Required work: Starting with the line containing "clear_resched-states p q z = ground arith" and going on through the line containing "module _ (c : SchedClass) where", return the lines of the data below exactly, and only those.

[Available data Boundary: Start]

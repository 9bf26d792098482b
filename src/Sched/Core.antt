-- ===== src/Sched/Core.antt =====
-- lab8/kern/schedule/sched.c: `schedule` and `wakeup_proc`, over any scheduling class. `none` is a
-- failed `assert`.
pub mod PutBack
pub mod Schedule
pub mod Wakeup
use nku_os_2025_lab.Prelude.{
  ℕ, ◌+◌, ◌%◌, Bool, true, false, not, Option, none, some, ◌==◌, if◌then◌else◌, ◌>>=◌, ◌>>◌, assert,
}
use nku_os_2025_lab.Sched.Proc.{
  Proc, ProcState, uninit, sleeping, runnable, zombie, RunQueue, uint_mod, put_core,
}
use nku_os_2025_lab.Sched.Class.{Ops}

pub record System : Type 0 where
  pub rq : RunQueue
  pub current : ℕ
  pub idleproc : ℕ

abbrev pub is_runnable : ProcState → Bool
is_runnable runnable = true
is_runnable _ = false

abbrev pub is_zombie : ProcState → Bool
is_zombie zombie = true
is_zombie _ = false

-- `proc->need_resched = 0`
unfoldable pub clear_resched : ℕ → RunQueue → RunQueue
clear_resched p q = let v = q.proc p in put_core p v.state v.runs false v.wait_state q

-- `proc->runs++`, on an `int` of 32 bits
unfoldable pub count_run : ℕ → RunQueue → RunQueue
count_run p q =
    let v = q.proc p in put_core p v.state ((v.runs + 1) % uint_mod) v.need_resched v.wait_state q

-- `proc->need_resched = 1`
unfoldable pub set_resched : ℕ → RunQueue → RunQueue
set_resched p q = let v = q.proc p in put_core p v.state v.runs true v.wait_state q

-- `proc->state = PROC_RUNNABLE; proc->wait_state = 0`
unfoldable pub make_runnable : ℕ → RunQueue → RunQueue
make_runnable p q = let v = q.proc p in put_core p runnable v.runs v.need_resched 0 q

-- `proc_run` of lab8/kern/process/proc.c, which counts the run again; the switch of stacks and page
-- tables is left out.
unfoldable pub proc_run : ℕ → System → System
unfolding count_run
proc_run p s = if p == s.current then s else record s { current = p; rq = count_run p s.rq }

module _ (ops : Ops) where
  unfoldable pub sched_class_enqueue : ℕ → ℕ → RunQueue → Option RunQueue
  sched_class_enqueue idle p q = if p == idle then some q else ops.enqueue q p

  unfoldable pub sched_class_proc_tick : ℕ → ℕ → RunQueue → RunQueue
  sched_class_proc_tick idle p q = if p == idle then set_resched p q else ops.proc_tick q p

  -- The part of `schedule` that puts the current process back.
  unfoldable pub put_back : System → Option RunQueue
  unfolding sched_class_enqueue clear_resched
  put_back s =
      if is_runnable ((clear_resched s.current s.rq).proc s.current).state
      then sched_class_enqueue s.idleproc s.current (clear_resched s.current s.rq)
      else some (clear_resched s.current s.rq)

  -- `if ((next = pick_next()) != NULL) dequeue(next); if (next == NULL) next = idleproc;`
  unfoldable pub take_next : ℕ → RunQueue → Option (ℕ × RunQueue)
  take_next idle q =
      let (next, r) = ops.pick_next q in
      if next == 0 then some (idle, r) else (do w ← ops.dequeue r next; some (next, w))

  unfoldable pub schedule : System → Option System
  unfolding put_back take_next count_run proc_run
  schedule s = do
    q ← put_back s
    (next, r) ← take_next s.idleproc q
    some (proc_run next (record s { rq = count_run next r }))

  -- `if (proc != current) sched_class_enqueue(proc)` after the process is made runnable.
  unfoldable pub requeue : ℕ → System → Option System
  unfolding sched_class_enqueue
  requeue p s =
      if p == s.current
      then some s
      else (sched_class_enqueue s.idleproc p s.rq >>= λ q. some (record s { rq = q }))

  unfoldable pub wakeup_proc : ℕ → System → Option System
  unfolding requeue make_runnable
  wakeup_proc p s = do
    assert (not (is_zombie (s.rq.proc p).state))
    if is_runnable (s.rq.proc p).state
        then some s
        else requeue p (record s { rq = make_runnable p s.rq })
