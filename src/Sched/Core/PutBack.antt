-- ===== src/Sched/Core/PutBack.antt =====
-- `schedule` first puts the current process back, whatever the class.
use nku_os_2025_lab.Prelude.{
  ℕ, ◌<◌, ◌≡◌, ◌≢◌, refl, sym, subst, ◌∙◌, inl, inr, true, false, List, ◌∷◌, some, arith, NotIn,
  length, Perm, ◌==◌, if◌then◌else◌, eq→==, ne→==, Bool-cases,
}
use mathlib.Core.List.Perm
use native.Mathlib.Decide.{ℕ_discrete}
use nku_os_2025_lab.Sched.Proc.{
  ProcState, uninit, sleeping, runnable, zombie, RunQueue, put_core, max_process,
}
use nku_os_2025_lab.Sched.Class.{KeepsStates, Enqueued, SchedClass}
use nku_os_2025_lab.Sched.Core.{
  System, is_runnable, clear_resched, count_run, sched_class_enqueue, put_back,
}

pub is_runnable-runnable : (s : ProcState) → is_runnable s ≡ true → s ≡ runnable
is_runnable-runnable runnable e = refl
is_runnable-runnable uninit e = absurd (cc)
is_runnable-runnable sleeping e = absurd (cc)
is_runnable-runnable zombie e = absurd (cc)

-- The processes that compete for the processor: those queued, and the current one if it can run
-- and is not the idle process.
abbrev pub competing : System → List ℕ → List ℕ
competing s xs =
    if is_runnable (s.rq.proc s.current).state
    then (if s.current == s.idleproc then xs else s.current ∷ xs)
    else xs

pub clear_resched-states : (p : ℕ) (q : RunQueue) → KeepsStates q (clear_resched p q)
unfolding clear_resched put_core
clear_resched-states p q z = ground arith

pub count_run-states : (p : ℕ) (q : RunQueue) → KeepsStates q (count_run p q)
unfolding count_run put_core
count_run-states p q z = ground arith

clear_resched-header : (p : ℕ) (q : RunQueue) → (clear_resched p q).run_list ≡ q.run_list
unfolding clear_resched put_core
clear_resched-header p q = refl

pub count_run-header : (p : ℕ) (q : RunQueue) → (count_run p q).run_list ≡ q.run_list
unfolding count_run put_core
count_run-header p q = refl

module _ (c : SchedClass) where
  -- The processes `xs` are queued; they can run, and are neither current nor idle.
  pub record IsSystem (s : System) (xs : List ℕ) : Type 0 where
    pub queued : c.holds s.rq xs
    pub ready : (z : ℕ) → (s.rq.proc z).state ≢ runnable → NotIn z xs
    pub running : NotIn s.current xs
    pub idle : NotIn s.idleproc xs
    pub current_proc : (s.current ≢ 0) × (s.current ≢ s.rq.run_list)
    pub idle_proc : (s.idleproc ≢ 0) × (s.idleproc ≢ s.rq.run_list)

  -- What putting the current process back leaves.
  pub record Returned (s : System) (xs : List ℕ) : Type 0 where
    pub queue : RunQueue
    pub items : List ℕ
    pub result : put_back c.ops s ≡ some queue
    pub valid : c.holds queue items
    pub perm : Perm items (competing s xs)
    pub states : KeepsStates s.rq queue
    pub header : queue.run_list ≡ s.rq.run_list

  cleared : (s : System) (xs : List ℕ) → c.holds s.rq xs → c.holds (clear_resched s.current s.rq) xs
  unfolding clear_resched
  cleared s xs h = c.holds-put_core s.rq xs s.current _ _ _ _ h

  put_back_asleep :
      (s : System)
      → is_runnable (s.rq.proc s.current).state ≡ false
      → put_back c.ops s ≡ some (clear_resched s.current s.rq)
  unfolding put_back
  put_back_asleep s r = rw (clear_resched-states s.current s.rq s.current) (rw r)

  put_back_idle :
      (s : System)
      → is_runnable (s.rq.proc s.current).state ≡ true
      → s.current ≡ s.idleproc
      → put_back c.ops s ≡ some (clear_resched s.current s.rq)
  unfolding put_back sched_class_enqueue
  put_back_idle s r i =
      rw (clear_resched-states s.current s.rq s.current) (rw r (rw (eq→== s.current s.idleproc i)))

  put_back_ready :
      (s : System)
      → is_runnable (s.rq.proc s.current).state ≡ true
      → s.current ≢ s.idleproc
      → put_back c.ops s ≡ c.enqueue (clear_resched s.current s.rq) s.current
  unfolding put_back sched_class_enqueue
  put_back_ready s r i =
      rw (clear_resched-states s.current s.rq s.current) (rw r (rw (ne→== s.current s.idleproc i)))

  pub competing_asleep :
      (s : System) (xs : List ℕ)
      → is_runnable (s.rq.proc s.current).state ≡ false
      → competing s xs ≡ xs
  competing_asleep s xs r = rw r

  pub competing_idle :
      (s : System) (xs : List ℕ)
      → is_runnable (s.rq.proc s.current).state ≡ true
      → s.current ≡ s.idleproc
      → competing s xs ≡ xs
  competing_idle s xs r i = rw r (rw (eq→== s.current s.idleproc i))

  pub competing_ready :
      (s : System) (xs : List ℕ)
      → is_runnable (s.rq.proc s.current).state ≡ true
      → s.current ≢ s.idleproc
      → competing s xs ≡ s.current ∷ xs
  competing_ready s xs r i = rw r (rw (ne→== s.current s.idleproc i))

  left_alone :
      (s : System) (xs : List ℕ)
      → IsSystem s xs
      → put_back c.ops s ≡ some (clear_resched s.current s.rq)
      → competing s xs ≡ xs
      → Returned s xs
  left_alone s xs v run same = record {
    queue = clear_resched s.current s.rq;
    items = xs;
    result = run;
    valid = cleared s xs v.queued;
    perm = subst (Perm xs) (sym same) (Perm.refl xs);
    states = clear_resched-states s.current s.rq;
    header = clear_resched-header s.current s.rq;
  }

  pub put_back-Returned :
      (s : System) (xs : List ℕ) → IsSystem s xs → length xs < max_process → Returned s xs
  put_back-Returned s xs v few = elim (Bool-cases (is_runnable (s.rq.proc s.current).state)) [
    | inr r ↦ left_alone s xs v (put_back_asleep s r) (competing_asleep s xs r)
    | inl r ↦ elim (ℕ_discrete s.current s.idleproc) [
      | yes i ↦ left_alone s xs v (put_back_idle s r i) (competing_idle s xs r i)
      | no i ↦
          let q = clear_resched s.current s.rq in
          let e : Enqueued c.holds q xs s.current (c.enqueue q s.current) =
            c.enqueue-Enqueued q xs s.current (cleared s xs v.queued) v.running v.current_proc.0
              (λ k. v.current_proc.1 (k ∙ clear_resched-header s.current s.rq)) few in
          record {
            queue = e.queue;
            items = e.items;
            result = put_back_ready s r i ∙ e.result;
            valid = e.valid;
            perm = subst (Perm e.items) (sym (competing_ready s xs r i)) e.perm;
            states = λ z. e.states z ∙ clear_resched-states s.current s.rq z;
            header = e.header ∙ clear_resched-header s.current s.rq;
          }
    ]
  ]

[Available data Boundary: End]

Written answer:
clear_resched-states p q z = ground arith

pub count_run-states : (p : ℕ) (q : RunQueue) → KeepsStates q (count_run p q)
unfolding count_run put_core
count_run-states p q z = ground arith

clear_resched-header : (p : ℕ) (q : RunQueue) → (clear_resched p q).run_list ≡ q.run_list
unfolding clear_resched put_core
clear_resched-header p q = refl

pub count_run-header : (p : ℕ) (q : RunQueue) → (count_run p q).run_list ≡ q.run_list
unfolding count_run put_core
count_run-header p q = refl

module _ (c : SchedClass) where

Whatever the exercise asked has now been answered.